2.There may be no exception analysis when the server applies error check trigger
Check the current data collection status of datakit
when there is no anomaly analysis in the check report.
3.Under what circumstances will server-side application error check events occur
The server-side application error inspection will scan the newly added application error information in the last hour. Once a new error type does not occur, the intelligent inspection will generate corresponding events.
4. Abnormal errors are found in scripts that were previously running normally during the inspection process
Please update the referenced script set in DataFlux Func's script marketplace, you can view the update log of the script marketplace via Change Log to facilitate immediate script update.

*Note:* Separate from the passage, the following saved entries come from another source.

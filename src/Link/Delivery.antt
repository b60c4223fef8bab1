-- ===== src/Link/Delivery.antt =====
-- The packets of a stream, however the reads cut it, reach the handler whole and in order.
use cg2111a_b.Base.{
  ℕ, ◌≡◌, refl, sym, ap, ◌∙◌, arith, List, [], ◌∷◌, ◌++◌, some, length, length-append, append-nil,
  All,
}
use cg2111a_b.Serialize.{Result}
use cg2111a_b.Serialize.Pending.{pending}
use cg2111a_b.Serialize.Roundtrip.{frame}
use cg2111a_b.Serialize.Calls.{length-pending-lt}
use cg2111a_b.Link.{Read, Thread, receive}
use cg2111a_b.Link.Stream.{Sent, IsSent, stream, all_bytes, Fits, length-frame}
use cg2111a_b.Link.Turns.{handle_all, IsRunning, turn-Turned}

module _ {ℓ} {S : Type ℓ} (handle_packet : List ℕ → S → S) (handle_error : Result → S → S) where
  -- From a running thread, with whole packets of the size of a `TPacket` made by `serialize` in
  -- the stream and reads of at most 140 bytes: however the reads cut the stream, each packet that
  -- was sent reaches the handler, once, whole and in the order of sending; no turn faults, no
  -- error is reported and no byte is left over.
  pub receive-stream :
      (t : Thread handle_packet handle_error) (rs : List Read) (ms : List Sent)
      → IsRunning handle_packet handle_error t
      → All IsSent ms
      → Fits rs
      → pending t.receiver ++ all_bytes rs ≡ stream ms
      → (t' : Thread handle_packet handle_error) × (receive handle_packet handle_error t rs
          ≡ some t')
        × (t'.state ≡ handle_all handle_packet handle_error ms t.state)
        × (pending t'.receiver ≡ [])
  unfolding receive
  receive-stream t [] [] h sent fits e = (t, refl, refl, sym (append-nil _) ∙ e)
  receive-stream t [] (m ∷ ms) h sent fits e = absurd (
      omega (
        arith,
        ap length e,
        length-append (pending t.receiver) [],
        length-pending-lt t.receiver h.valid,
        length-append (frame m.slot m.structure) (stream ms),
        length-frame m sent.0,
      ))
  receive-stream t (r ∷ rs) ms h sent fits e =
      let u = turn-Turned handle_packet handle_error t r (all_bytes rs) ms h sent fits.0 e in
      let (t', run, state, queue) =
        receive-stream u.next rs u.more u.running u.sent fits.1 u.kept in
      (t', rw (u.made) run, state ∙ u.same, queue)
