-- ===== src/Pi/Table.antt =====
-- What the characters and the modes of `sendCommand` (RPi/usart.cpp) mean, as tables.
use cg2111a_b.Base.{
  ℕ, zero, suc, ◌+◌, ◌≡◌, refl, arith, List, [], ◌∷◌, Option, some, none, if◌then◌else◌, ◌==◌,
  get_or,
}
use cg2111a_b.Pi.{
  CommandType, command_forward, command_reverse, command_turn_left, command_turn_right,
  command_stop, command_get_stats, command_clear_stats, command_color, command_dist, command_lcd,
}
use cg2111a_b.Pi.Send.{
  Case, move, stop, clear_stats, get_stats, color, dist, lcd, case_of, packet_type_of,
}

abbrev command_keys : List (ℕ × CommandType)
command_keys =
    (b'w', command_forward)
    ∷ (b's', command_reverse)
    ∷ (b'a', command_turn_left)
    ∷ (b'd', command_turn_right)
    ∷ (b'o', command_stop)
    ∷ (b'k', command_clear_stats)
    ∷ (b'g', command_get_stats)
    ∷ (b'v', command_color)
    ∷ (b'u', command_dist)
    ∷ (b'l', command_lcd)
    ∷ []

-- A letter counts in both sizes; the large one is 32 below.
abbrev pub look_up : ℕ → List (ℕ × CommandType) → Option CommandType
look_up c [] = none
look_up c ((key, code) ∷ rest) =
    if c == key then some code else (if c + 32 == key then some code else look_up c rest)

abbrev pub requested : ℕ → Option CommandType
requested c = look_up c command_keys

abbrev pub kind_of_mode : ℕ → ℕ
kind_of_mode mode = get_or (2 ∷ 0 ∷ 1 ∷ 1 ∷ []) mode 2

-- The command that a case asks the Arduino for.
abbrev pub request : Case → Option CommandType
request (move c) = some c
request stop = some command_stop
request clear_stats = some command_clear_stats
request get_stats = some command_get_stats
request color = some command_color
request dist = some command_dist
request lcd = some command_lcd
request _ = none

pub request-case_of : (c : ℕ) → request (case_of c) ≡ requested c
unfolding case_of
request-case_of c = ground arith

pub packet_type_of_lem : (mode : ℕ) → packet_type_of mode ≡ kind_of_mode mode
packet_type_of_lem zero = refl
packet_type_of_lem (suc zero) = refl
packet_type_of_lem (suc (suc zero)) = refl
packet_type_of_lem (suc (suc (suc zero))) = refl
packet_type_of_lem (suc (suc (suc (suc n)))) = ground arith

5. During the upgrade inspection process, it was found that there was no change in the corresponding script set in the Startup
Please delete the corresponding script set first, then click the upgrade button to configure the corresponding Guance API key to complete the upgrade.
6. How to determine if the inspection is effective after it is enabled
Check the corresponding inspection status in "Management/Auto-trigger configuration". The status should be "enabled" first, and then click "Execute" to verify if there is any problem with the inspection script. If the words "executed successfully xxx minutes ago" appear, the inspection is running normally and is effective.